Les États-Unis à nouveau plus abordables
Après la récession due à la pandémie, les États-Unis ont connu une forte poussée de la croissance, accompagnée d’une inflation élevée. Comme d’habitude, leur cycle a devancé celui des autres pays du G10. L’essor a été si vigoureux que la Réserve fédérale a dû appuyer de manière inhabituellement forte sur le frein, ce qui a inquiété les marchés et les employeurs. Les indicateurs actuels plaident de fait en faveur d’un nouveau relèvement des taux.
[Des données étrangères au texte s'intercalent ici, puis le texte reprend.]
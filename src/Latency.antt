-- ===== src/Latency.antt =====
-- src/measurement/bounded-latency-recorder.ts: the histogram of latencies. A latency that is finite
-- and not negative is a whole number of the unit that the configuration counts in. The code's
-- logarithm and power are parameters: `bucket_of`, the bucket before it is clamped to the last one,
-- and `midpoint`, what `#quantile` and `#average` take for a bucket before they clamp it.
mod Tests
pub mod Invariant
pub mod Merge
pub mod Quantile
use benchkit.Prelude.{
  ◌⊎◌, inl, inr, ◌||◌, ℕ, zero, suc, ◌+◌, ◌-◌, ◌*◌, ◌/◌, ◌==◌, ltb, leb, min, max, if◌then◌else◌,
  Bool, true, false, not, ◌&&◌, Option, none, some, List, [], ◌∷◌, length, get_or, set, replicate,
  max_safe_integer,
}

-- `relative_accuracy` is in the parts that the configuration is written in.
pub record Config : Type 0 where
  pub lowest_discernible : ℕ
  pub highest_trackable : ℕ
  pub relative_accuracy : ℕ

pub record Recorder : Type 0 where
  pub config : Config
  pub counts : List ℕ
  pub zero_count : ℕ
  pub count : ℕ
  pub non_finite : ℕ
  pub below_range : ℕ
  pub above_range : ℕ

pub record Snapshot : Type 0 where
  pub version : ℕ
  pub config : Config
  pub counts : List ℕ
  pub zero_count : ℕ
  pub count : ℕ
  pub non_finite : ℕ
  pub below_range : ℕ
  pub above_range : ℕ

-- The accuracy is the configuration; its algorithm is a constant, and a percentage is in parts.
pub record Summary : Type 0 where
  pub count : ℕ
  pub dropped : ℕ
  pub out_of_range : ℕ
  pub non_finite : ℕ
  pub below_range : ℕ
  pub above_range : ℕ
  pub average_ms : Option (ℕ × ℕ)
  pub p50_ms : Option ℕ
  pub p95_ms : Option ℕ
  pub p97_5_ms : Option ℕ
  pub p99_ms : Option ℕ
  pub accuracy : Config

-- an argument of `record`
pub data Latency : Type 0 where
  not_a_number negative : Latency
  finite : ℕ → Latency

pub data Setting : Type 0 where
  lowest_setting highest_setting accuracy_setting : Setting

-- the errors that `validateSnapshot` throws
pub data SnapshotError : Type 0 where
  not_version_1 : SnapshotError
  config_mismatch : Setting → SnapshotError
  bucket_count_mismatch unsafe_counter count_mismatch : SnapshotError

pub data Merged : Type 0 where
  refused : SnapshotError → Merged
  merged : Recorder → Merged

abbrev pub sum : List ℕ → ℕ
sum [] = 0
sum (n ∷ ns) = n + sum ns

-- The bucket count is the constructor's, which is at least 1.
unfoldable pub empty : Config → ℕ → Recorder
empty config bucket_count = record {
  config = config;
  counts = replicate bucket_count 0;
  zero_count = 0;
  count = 0;
  non_finite = 0;
  below_range = 0;
  above_range = 0;
}

unfoldable pub reset : Recorder → Recorder
reset r = record r {
  counts = replicate (length r.counts) 0;
  zero_count = 0;
  count = 0;
  non_finite = 0;
  below_range = 0;
  above_range = 0;
}

-- `counts[index] = (counts[index] ?? 0) + 1`
abbrev pub increment : List ℕ → ℕ → List ℕ
increment counts index = set counts index (get_or counts index 0 + 1)

-- the loop of `merge`
abbrev pub add_counts : List ℕ → List ℕ → List ℕ
add_counts [] values = []
add_counts (n ∷ ns) [] = n ∷ add_counts ns []
add_counts (n ∷ ns) (v ∷ vs) = (n + v) ∷ add_counts ns vs

unfoldable pub snapshot : Recorder → Snapshot
snapshot r = record {
  version = 1;
  config = r.config;
  counts = r.counts;
  zero_count = r.zero_count;
  count = r.count;
  non_finite = r.non_finite;
  below_range = r.below_range;
  above_range = r.above_range;
}

abbrev pub all_safe : List ℕ → Bool
all_safe [] = true
all_safe (n ∷ ns) = leb n max_safe_integer && all_safe ns

abbrev pub counters : Snapshot → List ℕ
counters s = s.zero_count ∷ s.count ∷ s.non_finite ∷ s.below_range ∷ s.above_range ∷ s.counts

-- The types hold what the code tests of the shape of the snapshot.
unfoldable pub validate_snapshot : Snapshot → Config → ℕ → Option SnapshotError
validate_snapshot s config bucket_count =
    if not (s.version == 1)
    then some not_version_1
    else if not (s.config.lowest_discernible == config.lowest_discernible)
    then some (config_mismatch lowest_setting)
    else if not (s.config.highest_trackable == config.highest_trackable)
    then some (config_mismatch highest_setting)
    else if not (s.config.relative_accuracy == config.relative_accuracy)
    then some (config_mismatch accuracy_setting)
    else if not (length s.counts == bucket_count)
    then some bucket_count_mismatch
    else if not (all_safe (counters s))
    then some unsafe_counter
    else if not (s.zero_count + sum s.counts == s.count)
    then some count_mismatch
    else none

-- `merge` behind its validation
abbrev pub absorb : Recorder → Snapshot → Recorder
absorb r s = record r {
  counts = add_counts r.counts s.counts;
  zero_count = r.zero_count + s.zero_count;
  count = r.count + s.count;
  non_finite = r.non_finite + s.non_finite;
  below_range = r.below_range + s.below_range;
  above_range = r.above_range + s.above_range;
}

abbrev pub merge_unless : Option SnapshotError → Recorder → Snapshot → Merged
merge_unless (some e) r s = refused e
merge_unless none r s = merged (absorb r s)

unfoldable pub merge : Recorder → Snapshot → Merged
merge r s = merge_unless (validate_snapshot s r.config (length r.counts)) r s

-- the errors that the constructor throws
pub data ConfigError : Type 0 where
  bad_lowest bad_highest bad_accuracy too_many_buckets : ConfigError

abbrev pub max_buckets : ℕ
max_buckets = 1000000

-- `validateConfig` of options with every setting given; `whole` is the number of parts in 1.
unfoldable pub validate_config : ℕ → Config → Option ConfigError
validate_config whole config =
    if config.lowest_discernible == 0
    then some bad_lowest
    else if ltb config.highest_trackable config.lowest_discernible
    then some bad_highest
    else if config.relative_accuracy == 0 || leb whole config.relative_accuracy
    then some bad_accuracy
    else none

-- the constructor; `bucket_count` is its quotient of logarithms
unfoldable pub construct : ℕ → (Config → ℕ) → Config → ConfigError ⊎ Recorder
construct whole bucket_count config = elim (validate_config whole config) [
  | some e ↦ inl e
  | none ↦
      if ltb max_buckets (bucket_count config)
      then inl too_many_buckets
      else inr (empty config (bucket_count config))
]

module _ (bucket_of : ℕ → ℕ) where
  abbrev pub bucket : Recorder → ℕ → ℕ
  bucket r ms = min (length r.counts - 1) (bucket_of ms)

  -- `record`
  unfoldable pub record_latency : Latency → Recorder → Recorder
  record_latency not_a_number r = record r { non_finite = r.non_finite + 1 }
  record_latency negative r = record r { below_range = r.below_range + 1 }
  record_latency (finite ms) r =
      if ms == 0
      then record r { zero_count = r.zero_count + 1; count = r.count + 1 }
      else if ltb ms r.config.lowest_discernible
      then record r { below_range = r.below_range + 1 }
      else if ltb r.config.highest_trackable ms
      then record r { above_range = r.above_range + 1 }
      else record r { counts = increment r.counts (bucket r ms); count = r.count + 1 }

  abbrev pub record_all : List Latency → Recorder → Recorder
  record_all [] r = r
  record_all (x ∷ xs) r = record_all xs (record_latency x r)

-- `Math.max(1, Math.ceil(count * fraction))`, of the fraction `part / whole`
abbrev pub rank_of : ℕ → ℕ → ℕ → ℕ
rank_of count part whole = max 1 ((count * part + (whole - 1)) / whole)

module _ (midpoint : ℕ → ℕ) where
  -- the loop of `#quantile` from the bucket `index`, over the counts that are left
  abbrev pub quantile_from : Config → ℕ → ℕ → ℕ → List ℕ → ℕ
  quantile_from config rank cumulative index [] = config.highest_trackable
  quantile_from config rank cumulative index (n ∷ ns) =
      let rest = quantile_from config rank (cumulative + n) (index + 1) ns in
      if leb rank (cumulative + n) then min config.highest_trackable (midpoint index) else rest

  unfoldable pub quantile : ℕ → ℕ → Recorder → Option ℕ
  quantile part whole r =
      let rank = rank_of r.count part whole in
      if r.count == 0
      then none
      else if leb rank r.zero_count
      then some 0
      else some (quantile_from r.config rank r.zero_count 0 r.counts)

  -- the sum of `#average`, from the bucket `index`; an empty bucket adds nothing
  abbrev pub total_from : Config → ℕ → List ℕ → ℕ
  total_from config index [] = 0
  total_from config index (n ∷ ns) =
      let rest = total_from config (index + 1) ns in
      if n == 0 then rest else min config.highest_trackable (midpoint index) * n + rest

  -- `#average`: the total and the number that it is divided by
  unfoldable pub average : Recorder → Option (ℕ × ℕ)
  average r = if r.count == 0 then none else some (total_from r.config 0 r.counts, r.count)

  unfoldable pub summary : Recorder → Summary
  summary r = record {
    count = r.count;
    dropped = r.non_finite + r.below_range + r.above_range;
    out_of_range = r.below_range + r.above_range;
    non_finite = r.non_finite;
    below_range = r.below_range;
    above_range = r.above_range;
    average_ms = average r;
    p50_ms = quantile 1 2 r;
    p95_ms = quantile 19 20 r;
    p97_5_ms = quantile 39 40 r;
    p99_ms = quantile 99 100 r;
    accuracy = r.config;
  }

pub data Summarized : Type 0 where
  bad_config : ConfigError → Summarized
  bad_snapshot : SnapshotError → Summarized
  summarized : Summary → Summarized

abbrev pub summarize_merged : (ℕ → ℕ) → Merged → Summarized
summarize_merged midpoint (refused e) = bad_snapshot e
summarize_merged midpoint (merged r) = summarized (summary midpoint r)

-- `summarizeBoundedLatencySnapshot`
unfoldable pub summarize_snapshot : (ℕ → ℕ) → ℕ → (Config → ℕ) → Snapshot → Summarized
summarize_snapshot midpoint whole bucket_count s = elim (construct whole bucket_count s.config) [
  | inl e ↦ bad_config e
  | inr r ↦ summarize_merged midpoint (merge r s)
]

-- the default configuration, in microseconds and percent
abbrev pub default_config : Config
default_config = record {
  lowest_discernible = 1;
  highest_trackable = 60000000;
  relative_accuracy = 1;
}
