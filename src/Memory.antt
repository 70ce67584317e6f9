-- ===== src/Memory.antt =====
-- src/measurement/process-memory-peak-tracker.ts: the peaks of a process's memory. What
-- `process.memoryUsage` answers is an argument.
mod Tests
pub mod Peak
use benchkit.Prelude.{ℕ, max, Option, none, some, List, [], ◌∷◌}

-- `ProcessMemoryUsage`
pub record MemoryUsage : Type 0 where
  pub rss : ℕ
  pub heap_total : ℕ
  pub heap_used : ℕ
  pub external : ℕ
  pub array_buffers : ℕ

pub record MemoryInterval : Type 0 where
  pub started : MemoryUsage
  pub ended : MemoryUsage
  pub peak : MemoryUsage

pub record PeakTracker : Type 0 where
  pub started : Option MemoryUsage
  pub peak : Option MemoryUsage

abbrev pub new : PeakTracker
new = record { started = none; peak = none }

unfoldable pub start : MemoryUsage → PeakTracker → PeakTracker
start current t = record { started = some current; peak = some current }

-- the loop over `MEMORY_KEYS`
abbrev pub raised : MemoryUsage → MemoryUsage → MemoryUsage
raised peak current = record {
  rss = max peak.rss current.rss;
  heap_total = max peak.heap_total current.heap_total;
  heap_used = max peak.heap_used current.heap_used;
  external = max peak.external current.external;
  array_buffers = max peak.array_buffers current.array_buffers;
}

abbrev pub raised_if : Option MemoryUsage → MemoryUsage → Option MemoryUsage
raised_if none current = none
raised_if (some peak) current = some (raised peak current)

unfoldable pub sample : MemoryUsage → PeakTracker → PeakTracker
sample current t = record t { peak = raised_if t.peak current }

abbrev pub interval : Option MemoryUsage → Option MemoryUsage → MemoryUsage → Option MemoryInterval
interval (some started) (some peak) current =
    some (record { started = started; ended = current; peak = raised peak current })
interval _ _ current = none

-- Where there is no interval, the tracker stays as it is.
unfoldable pub stop : MemoryUsage → PeakTracker → Option MemoryInterval × PeakTracker
stop current t = elim (interval t.started t.peak current) [
  | none ↦ (none, t)
  | some i ↦ (some i, new)
]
Mais l’inflation demeure très supérieure à la valeur cible de 2 %, le taux de chômage a atteint un plancher depuis plus de 20 ans et jusqu’ici, la consommation n’a guère pâti des taux élevés. En revanche, la plupart des modèles économiques affirment que les taux d’intérêt sont beaucoup trop restrictifs pour l’économie et que la banque centrale doit assouplir la politique monétaire le plus vite possible. Les faillites de banques en Californie sont elles aussi autant d’arguments pour une trajectoire moins restrictive, même si la Fed assure que le problème des pénuries de liquidités dans les régions concernées sera résolu par d’autres moyens que les taux.
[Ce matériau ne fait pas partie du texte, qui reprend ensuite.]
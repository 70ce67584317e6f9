-- ===== src/Load/Measurement.antt =====
-- src/load/shared/load-worker-measurement.ts and the records of src/load/shared/load-worker-protocol.ts:
-- what a worker counts. Times are whole microseconds. The event loop's utilization is the platform's:
-- a reading is a number, and what `eventLoopUtilization` answers for an earlier one is an argument.
pub mod Perform
pub mod Phases
use benchkit.Prelude.{ℕ, zero, suc, ◌+◌, ◌-◌, max, Option, none, some, List, [], ◌∷◌}
use benchkit.Latency.{Recorder, Snapshot, Latency, default_config, empty, record_latency, snapshot}
use benchkit.Latency
use benchkit.Memory.{MemoryUsage, MemoryInterval, PeakTracker}
use benchkit.Memory

-- `LoadWorkerErrorMetrics`
pub record ErrorMetrics : Type 0 where
  pub connection : ℕ
  pub timeout : ℕ
  pub protocol : ℕ
  pub aborted : ℕ

abbrev pub no_errors : ErrorMetrics
no_errors = record { connection = 0; timeout = 0; protocol = 0; aborted = 0 }

pub record Measurement : Type 0 where
  pub latency : Recorder
  pub memory : PeakTracker
  pub errors : ErrorMetrics
  pub sent : ℕ
  pub completed : ℕ
  pub bytes_sent : ℕ
  pub bytes_received : ℕ
  pub send_calls : ℕ
  pub backpressure_events : ℕ
  pub backpressure_wait : ℕ
  pub buffered_amount_peak : ℕ
  pub rate_dropped : ℕ
  pub schedule_lag_total : ℕ
  pub max_schedule_lag : ℕ
  pub scheduled_operations : ℕ
  pub elu_before : Option ℕ

-- `LoadWorkerResult`
pub record WorkerResult : Type 0 where
  pub duration : ℕ
  pub sent : ℕ
  pub completed : ℕ
  pub bytes_sent : ℕ
  pub bytes_received : ℕ
  pub errors : ErrorMetrics
  pub latency_snapshot : Snapshot
  pub send_calls : ℕ
  pub backpressure_events : ℕ
  pub backpressure_wait : ℕ
  pub buffered_amount_peak : ℕ
  pub in_flight_at_stop : ℕ
  pub rate_dropped : ℕ
  pub schedule_lag_total : ℕ
  pub max_schedule_lag : ℕ
  pub scheduled_operations : ℕ
  pub elu_pct : ℕ
  pub heap_used_peak : ℕ
  pub external_peak : ℕ
  pub array_buffers_peak : ℕ

-- The number of buckets of the default recorder is a quotient of logarithms, an argument.
unfoldable pub new : ℕ → Measurement
new bucket_count = record {
  latency = empty default_config bucket_count;
  memory = Memory.new;
  errors = no_errors;
  sent = 0;
  completed = 0;
  bytes_sent = 0;
  bytes_received = 0;
  send_calls = 0;
  backpressure_events = 0;
  backpressure_wait = 0;
  buffered_amount_peak = 0;
  rate_dropped = 0;
  schedule_lag_total = 0;
  max_schedule_lag = 0;
  scheduled_operations = 0;
  elu_before = none;
}

-- `#reset`
unfoldable pub reset : Measurement → Measurement
reset m = record m {
  latency = Latency.reset m.latency;
  errors = no_errors;
  sent = 0;
  completed = 0;
  bytes_sent = 0;
  bytes_received = 0;
  send_calls = 0;
  backpressure_events = 0;
  backpressure_wait = 0;
  buffered_amount_peak = 0;
  rate_dropped = 0;
  schedule_lag_total = 0;
  max_schedule_lag = 0;
  scheduled_operations = 0;
}

unfoldable pub start : ℕ → MemoryUsage → Measurement → Measurement
start elu usage m =
    let m' = reset m in record m' { elu_before = some elu; memory = Memory.start usage m'.memory }

unfoldable pub sample_memory : MemoryUsage → Measurement → Measurement
sample_memory usage m = record m { memory = Memory.sample usage m.memory }

unfoldable pub record_completed : (ℕ → ℕ) → Latency → ℕ → Measurement → Measurement
record_completed bucket_of latency bytes m = record m {
  completed = m.completed + 1;
  bytes_received = m.bytes_received + bytes;
  latency = record_latency bucket_of latency m.latency;
}

unfoldable pub record_sent : ℕ → ℕ → ℕ → Measurement → Measurement
record_sent count bytes calls m = record m {
  sent = m.sent + count;
  bytes_sent = m.bytes_sent + bytes;
  send_calls = m.send_calls + calls;
}

unfoldable pub record_bytes_received : ℕ → Measurement → Measurement
record_bytes_received bytes m = record m { bytes_received = m.bytes_received + bytes }

unfoldable pub record_send_call : Measurement → Measurement
record_send_call m = record m { send_calls = m.send_calls + 1 }

unfoldable pub record_connection_error : Measurement → Measurement
record_connection_error m = record m {
  errors = record (m.errors) { connection = m.errors.connection + 1 };
}

unfoldable pub record_timeout : Measurement → Measurement
record_timeout m = record m { errors = record (m.errors) { timeout = m.errors.timeout + 1 } }

unfoldable pub record_protocol_error : Measurement → Measurement
record_protocol_error m = record m {
  errors = record (m.errors) { protocol = m.errors.protocol + 1 };
}

unfoldable pub record_aborted : ℕ → Measurement → Measurement
record_aborted count m = record m {
  errors = record (m.errors) { aborted = m.errors.aborted + count };
}

unfoldable pub record_backpressure : Measurement → Measurement
record_backpressure m = record m { backpressure_events = m.backpressure_events + 1 }

unfoldable pub record_backpressure_wait : ℕ → Measurement → Measurement
record_backpressure_wait duration m = record m {
  backpressure_wait = m.backpressure_wait + duration;
}

unfoldable pub record_buffered_amount : ℕ → Measurement → Measurement
record_buffered_amount bytes m = record m {
  buffered_amount_peak = max m.buffered_amount_peak bytes;
}

unfoldable pub record_rate_dropped : ℕ → Measurement → Measurement
record_rate_dropped count m = record m { rate_dropped = m.rate_dropped + count }

unfoldable pub record_schedule_lag : ℕ → Measurement → Measurement
record_schedule_lag lag m = record m {
  schedule_lag_total = m.schedule_lag_total + lag;
  max_schedule_lag = max m.max_schedule_lag lag;
  scheduled_operations = m.scheduled_operations + 1;
}

abbrev pub elu_pct_of : (ℕ → ℕ) → Option ℕ → ℕ
elu_pct_of elu_since none = 0
elu_pct_of elu_since (some before) = elu_since before

abbrev pub result_of : ℕ → ℕ → ℕ → MemoryUsage → Measurement → WorkerResult
result_of duration in_flight elu_pct peak m = record {
  duration = duration;
  sent = m.sent;
  completed = m.completed;
  bytes_sent = m.bytes_sent;
  bytes_received = m.bytes_received;
  errors = m.errors;
  latency_snapshot = snapshot m.latency;
  send_calls = m.send_calls;
  backpressure_events = m.backpressure_events;
  backpressure_wait = m.backpressure_wait;
  buffered_amount_peak = m.buffered_amount_peak;
  in_flight_at_stop = in_flight;
  rate_dropped = m.rate_dropped;
  schedule_lag_total = m.schedule_lag_total;
  max_schedule_lag = m.max_schedule_lag;
  scheduled_operations = m.scheduled_operations;
  elu_pct = elu_pct;
  heap_used_peak = peak.heap_used;
  external_peak = peak.external;
  array_buffers_peak = peak.array_buffers;
}

-- `none` is the thrown 'load worker memory peak tracker did not produce a result'.
unfoldable pub finish :
    ℕ → ℕ → ℕ → MemoryUsage → (ℕ → ℕ) → Measurement → Option (WorkerResult × Measurement)
finish now started_at in_flight usage elu_since m =
    let (reported, memory) = Memory.stop usage m.memory in
    elim reported [
      | none ↦ none
      | some i ↦ some (
        result_of (now - started_at) in_flight (elu_pct_of elu_since m.elu_before) i.peak m,
        record m { memory = memory },
      )
    ]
Dès lors, quelles sont les conséquences du ralentissement pour les exportations aux États-Unis, les importations en provenance des États-Unis et les investissements potentiels dans la région ? Les États-Unis sont à nouveau plus abordables ! L’inflation est en décrue; les prix restent certes élevés en moyenne mais ils n’augmentent pas autant que ces dernières années. Dans certains secteurs, dans lesquels ils se sont littéralement envolés, on peut s’attendre à un reflux. Les États-Unis vont aussi devenir plus abordables pour les Suisses et les Européens, en particulier parce que le dollar devrait selon nous connaître un repli marqué, après avoir affiché une hausse exceptionnelle ces dernières années. Les taux d’intérêt relativement élevés, la stabilité de la conjoncture et la performance séduisante des actions ont soutenu la monnaie. Qui plus est, la situation politique a été plutôt calme, comme de coutume en période de budget de l’État expansionniste. Mais les inquiétudes quant à l’élection présidentielle l’an prochain se font jour peu à peu.
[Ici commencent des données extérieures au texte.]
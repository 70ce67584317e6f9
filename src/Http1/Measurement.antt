-- ===== src/Http1/Measurement.antt =====
-- src/load/http1/http1-worker-measurement.ts: the status codes beside the shared measurement.
pub mod Codes
use benchkit.Prelude.{
  ℕ, zero, suc, ◌+◌, ◌-◌, leb, ltb, if◌then◌else◌, Bool, true, false, not, ◌&&◌, List, [], ◌∷◌,
  length, get_or, set, replicate,
}
use benchkit.Latency.{Latency}
use benchkit.Memory.{MemoryUsage}
use benchkit.Load.Measurement.{Measurement, WorkerResult, new, start, record_completed}

pub record Http1Measurement : Type 0 where
  pub common : Measurement
  pub status_code_counts : List ℕ
  pub non_2xx : ℕ

unfoldable pub new_http1 : ℕ → Http1Measurement
new_http1 bucket_count = record {
  common = new bucket_count;
  status_code_counts = replicate 600 0;
  non_2xx = 0;
}

abbrev pub is_2xx : ℕ → Bool
is_2xx status = leb 200 status && ltb status 300

-- `recordResponse`; a write out of the array's bounds changes nothing.
unfoldable pub record_response : (ℕ → ℕ) → ℕ → Latency → Http1Measurement → Http1Measurement
record_response bucket_of status latency m = record {
  common = record_completed bucket_of latency 0 m.common;
  status_code_counts = set m.status_code_counts status (get_or m.status_code_counts status 0 + 1);
  non_2xx = if is_2xx status then m.non_2xx else m.non_2xx + 1;
}

unfoldable pub reset_protocol_metrics : Http1Measurement → Http1Measurement
reset_protocol_metrics m = record m {
  status_code_counts = replicate (length m.status_code_counts) 0;
  non_2xx = 0;
}

-- `start` of the shared measurement, which resets these metrics too
unfoldable pub start_http1 : ℕ → MemoryUsage → Http1Measurement → Http1Measurement
start_http1 elu usage m =
    let m' = reset_protocol_metrics m in record m' { common = start elu usage m'.common }

-- the loop of `#statusCodesResult` over the counts from a code on
abbrev pub status_codes_from : ℕ → List ℕ → List (ℕ × ℕ)
status_codes_from code [] = []
status_codes_from code (n ∷ ns) =
    let rest = status_codes_from (code + 1) ns in
    if leb 100 code && ltb 0 n then (code, n) ∷ rest else rest

-- `#statusCodesResult`: the codes with their counts, in order; it leaves out those below 100
unfoldable pub status_codes_result : Http1Measurement → List (ℕ × ℕ)
status_codes_result m = status_codes_from 0 m.status_code_counts

pub record Http1WorkerResult : Type 0 where
  pub common : WorkerResult
  pub status_codes : List (ℕ × ℕ)
  pub non_2xx : ℕ

unfoldable pub build_result : WorkerResult → Http1Measurement → Http1WorkerResult
build_result common m = record {
  common = common;
  status_codes = status_codes_result m;
  non_2xx = m.non_2xx;
}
Le dollar a en outre bénéficié des tensions internationales. En Europe, la Banque centrale européenne (BCE) s’est résolue beaucoup trop tard à relever les taux pour lutter contre l’accélération de l’inflation. Depuis, elle tente d’endiguer la pression inflationniste avec un succès plutôt mitigé. Dans la plupart des cas, c’est la monnaie qui pâtit d’une telle réaction tardive de la politique monétaire. Selon nous, l’euro serait beaucoup plus fort et l’inflation très inférieure si la BCE avait réagi de manière précoce, avec clairvoyance, au début de la poussée inflationniste, et la fermeté de la monnaie aurait aussi freiné l’inflation importée. Ce poids qui pèse sur l’euro va disparaître ces prochains trimestres. On voit dès aujourd’hui que les investisseurs rapatrient des capitaux des États-Unis dans leur pays d’origine parmi les pays du G10, que ce soit la zone euro, l’Angleterre, la Suisse ou d’autres espaces monétaires. Ce rapatriement constitue l’une des causes de la faiblesse du dollar.
L’autre cause du soutien si prolongé au dollar dans ce cycle réside dans l’ouverture tardive de l’économie en Chine, au Japon et dans quelques autres pays asiatiques. Cette ouverture tardive a durablement affaibli les monnaies de ces pays, tout en renforçant le rôle de monnaie refuge du billet vert. Selon nous, cet aspect sera lui aussi de plus en plus relégué au second plan.
En résumé, on peut dire que la fin des hausses de taux aux États-Unis et la normalisation dans d’autres régions du monde priveront le dollar du soutien dont il a bénéficié ces dernières années.